The evaluation indices for the safety and stability of high-speed EMU operation mainly include the wheel–rail vertical and lateral force, derailment coefficient, and vertical and lateral acceleration. In order to ensure the safe and stable operation of vehicles, the above-mentioned indicators are limited to a “Specification for Dynamic Performance Assessment and Test Verification of Rolling Stock” (GB/T 5599–2019), which is shown in

Table 3. The limit of each dynamic index of CRH5.
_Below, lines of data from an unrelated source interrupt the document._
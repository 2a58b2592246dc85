-- ===== src/Scheduler/Lifecycle.antt =====
-- `task_queue_init`, `task_queue_destroy`, `task_queue_size` and `task_queue_shutdown` of
-- src/scheduler.c.
use thread_management_librar.Base.{
  ℕ, zero, suc, ◌<◌, ◌≡◌, ◌≢◌, refl, Bool, true, false, inl, inr, ◌&&◌, Option, none, some, [], ◌∷◌,
  ◌∙◌, ap, arith, ◌==◌, if◌then◌else◌, length, Bool-cases, if-false,
}
use thread_management_librar.Scheduler.Store.{
  Ptr, null, TaskNode, TaskQueue, Store, ◌>>=◌, write, broadcast_not_full, broadcast_not_empty,
}
use thread_management_librar.Scheduler.Commands.{load-some, free-some, not_null}
use thread_management_librar.Scheduler.Queue.{
  success, failure, task_queue_init, destroy_loop, task_queue_destroy, task_queue_size,
  task_queue_shutdown,
}
use thread_management_librar.Scheduler.Chain.{Cells, has, first, Chain, IsQueue, Chain-write}

-- The three pthread objects of a queue are all initialised, or none is.
pub record Objects (q : TaskQueue) (live : Bool) : Type 0 where
  pub lock : q.lock ≡ live
  pub not_empty : q.not_empty ≡ live
  pub not_full : q.not_full ≡ live

pub record Initialised (s : Store) (capacity : ℕ) (done : Bool) (s' : Store) : Type 0 where
  pub valid : IsQueue s' []
  pub bound : s'.queue.capacity ≡ capacity
  pub up : s'.queue.shutdown ≡ false
  pub objects : Objects s'.queue done
  pub untouched : s'.node ≡ s.node

abbrev pub all_zero : (a b c : ℕ) → Bool
all_zero a b c = a == 0 && b == 0 && c == 0

abbrev init_queue : ℕ → Bool → TaskQueue
init_queue capacity live = record {
  head = null;
  tail = null;
  count = 0;
  capacity = capacity;
  lock = live;
  not_empty = live;
  not_full = live;
  shutdown = false;
}

-- `task_queue_init` makes an empty queue of the given capacity that is not shut down. It returns 0
-- exactly if the three initialisations do, and then the three objects are live; where one fails it
-- returns -1 and none is left behind.
pub task_queue_init-Initialised :
    (s : Store) (queue : Ptr) (capacity ret_lock ret_empty ret_full : ℕ)
    → queue ≢ null
    → let done = all_zero ret_lock ret_empty ret_full in
      (s' : Store) × (task_queue_init queue capacity ret_lock ret_empty ret_full s
        ≡ some (if done then success else failure, s'))
      × Initialised s capacity done s'
unfolding task_queue_init
task_queue_init-Initialised s queue capacity l e f nq = (
  record s { queue = init_queue capacity (all_zero l e f) },
  rw (if-false _ _ _ (not_null _ nq)) (elim (Bool-cases (l == 0)) [
    | inr no_lock ↦ rw no_lock
    | inl lock ↦ elim (Bool-cases (e == 0)) [
      | inr no_empty ↦ rw (lock, no_empty)
      | inl empty ↦ elim (Bool-cases (f == 0)) [
        | inr no_full ↦ rw (lock, empty, no_full)
        | inl full ↦ rw (lock, empty, full)
      ]
    ]
  ]),
  record {
    valid = record { chain = tt; head = refl; tail = refl; counted = refl; fits = omega arith };
    bound = refl;
    up = refl;
    objects = record { lock = refl; not_empty = refl; not_full = refl };
    untouched = refl;
  },
)

destroy_loop_lem :
    (k : ℕ) (s : Store) (cs : Cells)
    → Chain s.node cs
    → length cs < k
    → (h : Ptr → Option TaskNode) × (destroy_loop k (first cs) s ≡ some (tt, record s { node = h }))
      × ((a : Ptr) → h a ≡ (if has a cs then none else s.node a))
unfolding destroy_loop
destroy_loop_lem zero s cs c fuel = absurd (omega arith)
destroy_loop_lem (suc k) s [] c fuel = (s.node, refl, λ a. refl)
destroy_loop_lem (suc k) s ((p, t) ∷ cs) c fuel =
    let (h, ran, gone) =
      destroy_loop_lem k (record s { node = write s.node p none }) cs
        (Chain-write s.node p none cs c.2 c.3) (omega arith) in
    (
      h,
      rw (not_null _ c.0, load-some s p c.0 c.1, free-some s p c.0 c.1, ◌>>=◌) ran,
      λ a. ground (arith, gone a),
    )

pub record Destroyed (s : Store) (cs : Cells) (s' : Store) : Type 0 where
  pub valid : IsQueue s' []
  pub objects : Objects s'.queue false
  pub gone : (a : Ptr) → s'.node a ≡ (if has a cs then none else s.node a)

-- `task_queue_destroy` ends within its bound of `count + 1` rounds without a fault: it frees each
-- node of the queue once and no other, leaves the queue empty, and destroys the three objects.
pub task_queue_destroy-Destroyed :
    (s : Store) (cs : Cells) (queue : Ptr)
    → IsQueue s cs
    → queue ≢ null
    → (s' : Store) × (task_queue_destroy queue s ≡ some (tt, s')) × Destroyed s cs s'
unfolding task_queue_destroy
task_queue_destroy-Destroyed s cs queue q nq =
    let (h, ran, gone) =
      destroy_loop_lem (suc s.queue.count) s cs q.chain (omega (arith, q.counted)) in
    let ran' : destroy_loop (suc s.queue.count) s.queue.head s ≡ some (tt, record s { node = h }) =
      ap (λ (p : Ptr). destroy_loop (suc s.queue.count) p s) q.head ∙ ran in
    (
      record s {
        node = h;
        queue = record s.queue {
          head = null;
          tail = null;
          count = 0;
          not_full = false;
          not_empty = false;
          lock = false;
        };
      },
      rw (if-false _ _ _ (not_null _ nq), ran', ◌>>=◌),
      record {
        valid = record { chain = tt; head = refl; tail = refl; counted = refl; fits = omega arith };
        objects = record { lock = refl; not_empty = refl; not_full = refl };
        gone = gone;
      },
    )

-- `task_queue_size` is the number of queued tasks, and changes nothing.
pub task_queue_size-length :
    (s : Store) (cs : Cells) (queue : Ptr)
    → IsQueue s cs
    → queue ≢ null
    → task_queue_size queue s ≡ some (length cs, s)
unfolding task_queue_size
task_queue_size-length s cs queue q nq =
    rw (if-false _ _ _ (not_null _ nq)) (ap (λ (n : ℕ). some (n, s)) q.counted)

-- `task_queue_shutdown` keeps the queue and its nodes, sets the flag and wakes both kinds of waiters.
pub task_queue_shutdown_lem :
    (s : Store) (cs : Cells) (queue : Ptr)
    → IsQueue s cs
    → queue ≢ null
    → (s' : Store) × (task_queue_shutdown queue s ≡ some (tt, s'))
      × IsQueue s' cs
      × (s'.queue ≡ record s.queue { shutdown = true })
      × (s'.signals ≡ broadcast_not_full ∷ broadcast_not_empty ∷ s.signals)
unfolding task_queue_shutdown
task_queue_shutdown_lem s cs queue q nq = (
  record s {
    queue = record s.queue { shutdown = true };
    signals = broadcast_not_full ∷ broadcast_not_empty ∷ s.signals;
  },
  rw (if-false _ _ _ (not_null _ nq)),
  record { chain = q.chain; head = q.head; tail = q.tail; counted = q.counted; fits = q.fits },
  refl,
  refl,
)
Dynamic Index	Specified Limit Value
Wheel–rail vertical force	$\le$170 kN
Wheel–rail lateral force	$\le$48.4 kN
Derailment coefficient	$<$0.8
Vertical acceleration	$<$2.5 m/s2
Lateral acceleration	$<$2.5 m/s2

.

2.3. Vehicle and Curved Switch Rail System Dynamics Model

The vehicle and curved switch rail are connected by the wheel–rail relationship. As shown in Figure 5, the dynamic model of the vehicle–curved switch rail system has been established.
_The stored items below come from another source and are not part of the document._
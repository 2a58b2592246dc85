-- ===== src/Scheduler/Examples.antt =====
-- Calls of src/scheduler.c on a queue of two tasks.
use thread_management_librar.Base.{
  ◌≡◌, refl, true, false, arith, ◌==◌, none, some, [], ◌∷◌, if◌then◌else◌,
}
use thread_management_librar.Scheduler.Store.{null, Task, Store, normal, high}
use thread_management_librar.Scheduler.Queue.{
  PushCall, PopCall, task_queue_destroy, task_queue_push, task_queue_pop,
}
use thread_management_librar.Scheduler.Chain.{Cells, IsQueue}
use thread_management_librar.Scheduler.Push.{Pushed, task_of, task_queue_push-Pushed}
use thread_management_librar.Scheduler.Pop.{Popped, pop_call, task_queue_pop-Popped}
use thread_management_librar.Scheduler.Lifecycle.{Destroyed, task_queue_destroy-Destroyed}

abbrev old_task : Task
old_task = record { func = 64; arg = 8; priority = normal; submit_time = 1 }

abbrev new_task : Task
new_task = record { func = 72; arg = 0; priority = high; submit_time = 2 }

abbrev two_cells : Cells
two_cells = (1000, old_task) ∷ (2000, new_task) ∷ []

abbrev two_queued : Store
two_queued = record {
  node = λ a.
      if a == 1000
      then some (record { task = old_task; next = 2000 })
      else if a == 2000
      then some (record { task = new_task; next = null })
      else none;
  queue = record {
    head = 1000;
    tail = 2000;
    count = 2;
    capacity = 3;
    lock = true;
    not_empty = true;
    not_full = true;
    shutdown = false;
  };
  signals = [];
}

two_queued-IsQueue : IsQueue two_queued two_cells
two_queued-IsQueue = record {
  chain = (omega arith, refl, refl, (omega arith, refl, refl, tt));
  head = refl;
  tail = refl;
  counted = refl;
  fits = omega arith;
}

task_queue_push-Pushed_example :
    (r : PushCall) × (s' : Store) × (task_queue_push 16 80 0 normal 3000 7 two_queued
      ≡ some (r, s'))
    × Pushed two_queued two_cells 3000 (task_of 80 0 normal 7) r s'
task_queue_push-Pushed_example =
    task_queue_push-Pushed two_queued two_cells 16 80 0 normal 3000 7 two_queued-IsQueue
      (omega arith) (omega arith) (omega arith) refl (omega arith)

task_queue_pop-Popped_example :
    (r : PopCall) × (s' : Store) × (task_queue_pop 16 24 32 two_queued ≡ some (r, s'))
    × Popped pop_call two_queued two_cells r s'
task_queue_pop-Popped_example =
    task_queue_pop-Popped two_queued two_cells 16 24 32 two_queued-IsQueue (omega arith)
      (omega arith) (omega arith)

task_queue_destroy-Destroyed_example :
    (s' : Store) × (task_queue_destroy 16 two_queued ≡ some (tt, s'))
    × Destroyed two_queued two_cells s'
task_queue_destroy-Destroyed_example =
    task_queue_destroy-Destroyed two_queued two_cells 16 two_queued-IsQueue (omega arith)
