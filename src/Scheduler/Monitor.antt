-- ===== src/Scheduler/Monitor.antt =====
-- The task queue of src/scheduler.c used by `n` threads at once. A piece of a call that holds the
-- lock is one step; `pthread_cond_wait` puts the thread to sleep, a signal wakes one sleeper of its
-- condition variable if there is one, a broadcast wakes all, and a sleeper may wake by itself.
pub mod Tally
pub mod Invariant
pub mod Wakeups
mod Examples
use thread_management_librar.Base.{
  ℕ, ◌<◌, ◌≡◌, Bool, true, false, List, [], ◌∷◌, ◌++◌, ◌==◌, if◌then◌else◌,
}
use thread_management_librar.Base.Threads.{assign}
use thread_management_librar.Scheduler.Store.{Task}
use thread_management_librar.Scheduler.Fifo
use thread_management_librar.Scheduler.Fifo.{Fifo, accepted, refused, full, took, closed, empty}

-- Where a thread stands in the calls on the queue.
pub data Pc : Type 0 where
  idle : Pc
  -- before the lock, in `task_queue_push` with its node, or woken from `not_full`
  ready_push : Task → Pc
  -- in `pthread_cond_wait` on `not_full`
  asleep_push : Task → Pc
  -- before the lock, in `task_queue_pop`, or woken from `not_empty`
  ready_pop : Pc
  -- in `pthread_cond_wait` on `not_empty`
  asleep_pop : Pc

abbrev pub is_ready_push : Pc → Bool
is_ready_push (ready_push t) = true
is_ready_push _ = false

abbrev pub is_asleep_push : Pc → Bool
is_asleep_push (asleep_push t) = true
is_asleep_push _ = false

abbrev pub is_ready_pop : Pc → Bool
is_ready_pop ready_pop = true
is_ready_pop _ = false

abbrev pub is_asleep_pop : Pc → Bool
is_asleep_pop asleep_pop = true
is_asleep_pop _ = false

-- A wake-up.
abbrev pub rouse : Pc → Pc
rouse (asleep_push t) = ready_push t
rouse asleep_pop = ready_pop
rouse idle = idle
rouse (ready_push t) = ready_push t
rouse ready_pop = ready_pop

-- `task_queue_try_pop` is called by an idle thread, and does not wait.
abbrev pub may_take : Pc → Bool
may_take idle = true
may_take ready_pop = true
may_take _ = false

-- `pthread_cond_signal`: one of those asleep on the condition variable, if there is any.
pub data Woken (n : ℕ) (asleep : Pc → Bool) (pc : ℕ → Pc) : (ℕ → Pc) → Type 0 where
  one : (j : ℕ) → j < n → asleep (pc j) ≡ true → Woken n asleep pc (assign pc j (rouse (pc j)))
  nobody : ((j : ℕ) → j < n → asleep (pc j) ≡ false) → Woken n asleep pc pc

-- `if (queue->capacity > 0) pthread_cond_signal(&queue->not_full)`
pub data Room (n capacity : ℕ) (pc : ℕ → Pc) : (ℕ → Pc) → Type 0 where
  bounded : {pc' : ℕ → Pc} → 0 < capacity → Woken n is_asleep_push pc pc' → Room n capacity pc pc'
  unbounded : capacity ≡ 0 → Room n capacity pc pc

pub record System : Type 0 where
  pub fifo : Fifo
  pub pc : ℕ → Pc
  pub pushed : List Task  -- the tasks that were accepted, in order
  pub popped : List Task  -- the tasks that were taken, in order

pub data Step (n : ℕ) (s : System) : System → Type 0 where
  call_push :
      (i : ℕ) (t : Task)
      → i < n
      → s.pc i ≡ idle
      → Step n s (record s { pc = assign s.pc i (ready_push t) })
  call_pop : (i : ℕ) → i < n → s.pc i ≡ idle → Step n s (record s { pc = assign s.pc i ready_pop })
  push_in :
      (i : ℕ) (t : Task) {f : Fifo} {pc' : ℕ → Pc}
      → i < n
      → s.pc i ≡ ready_push t
      → Fifo.push t s.fifo ≡ (accepted, f)
      → Woken n is_asleep_pop (assign s.pc i idle) pc'
      → Step n s (record s { fifo = f; pc = pc'; pushed = s.pushed ++ t ∷ [] })
  push_sleep :
      (i : ℕ) (t : Task) {f : Fifo}
      → i < n
      → s.pc i ≡ ready_push t
      → Fifo.push t s.fifo ≡ (full, f)
      → Step n s (record s { fifo = f; pc = assign s.pc i (asleep_push t) })
  push_refused :
      (i : ℕ) (t : Task) {f : Fifo}
      → i < n
      → s.pc i ≡ ready_push t
      → Fifo.push t s.fifo ≡ (refused, f)
      → Step n s (record s { fifo = f; pc = assign s.pc i idle })
  pop_out :
      (i : ℕ) {t : Task} {f : Fifo} {pc' : ℕ → Pc}
      → i < n
      → may_take (s.pc i) ≡ true
      → Fifo.pop s.fifo ≡ (took t, f)
      → Room n s.fifo.capacity (assign s.pc i idle) pc'
      → Step n s (record s { fifo = f; pc = pc'; popped = s.popped ++ t ∷ [] })
  pop_sleep :
      (i : ℕ) {f : Fifo}
      → i < n
      → s.pc i ≡ ready_pop
      → Fifo.pop s.fifo ≡ (empty, f)
      → Step n s (record s { fifo = f; pc = assign s.pc i asleep_pop })
  pop_closed :
      (i : ℕ) {f : Fifo}
      → i < n
      → s.pc i ≡ ready_pop
      → Fifo.pop s.fifo ≡ (closed, f)
      → Step n s (record s { fifo = f; pc = assign s.pc i idle })
  wake_up : (i : ℕ) → i < n → Step n s (record s { pc = assign s.pc i (rouse (s.pc i)) })
  shut : Step n s (record s { fifo = record s.fifo { shutdown = true }; pc = λ j. rouse (s.pc j) })

abbrev pub start : ℕ → System
start capacity = record {
  fifo = record { tasks = []; capacity = capacity; shutdown = false };
  pc = λ _. idle;
  pushed = [];
  popped = [];
}

pub data Reach (n capacity : ℕ) : System → Type 0 where
  begin : Reach n capacity (start capacity)
  then_step : {s s' : System} → Reach n capacity s → Step n s s' → Reach n capacity s'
The curved switch rail has a variable section structure. Multiple contact modes occur between the wheels and rails when the vehicle passes through this area. The hypothetical conditions of the traditional Hertz theory are idealized. The calculation of the multi-point contact relationship between the wheels and rails will have errors, and the calculation results will be quite different from the actual situation [46]. The Kalker non-Hertzian contact theory, which takes into account the actual wheel–rail contact shape, can be used to compute the precise solution of three-dimensional rolling contact. However, the rate of calculation is rather slow [37]. The Kik–Piotrowski method solves the problem of slow calculation speed and ensures the accuracy and efficiency of calculation. The Universal Mechanism uses the non-Hertzian contact Kik–Piotrowski method based on virtual penetration as a contact algorithm for the Archard wear model. It predicts realistic wheel–rail profiles and takes into account the efficiency of the calculation. Therefore, this paper uses it to predict the wear on key sections of curved switch rails.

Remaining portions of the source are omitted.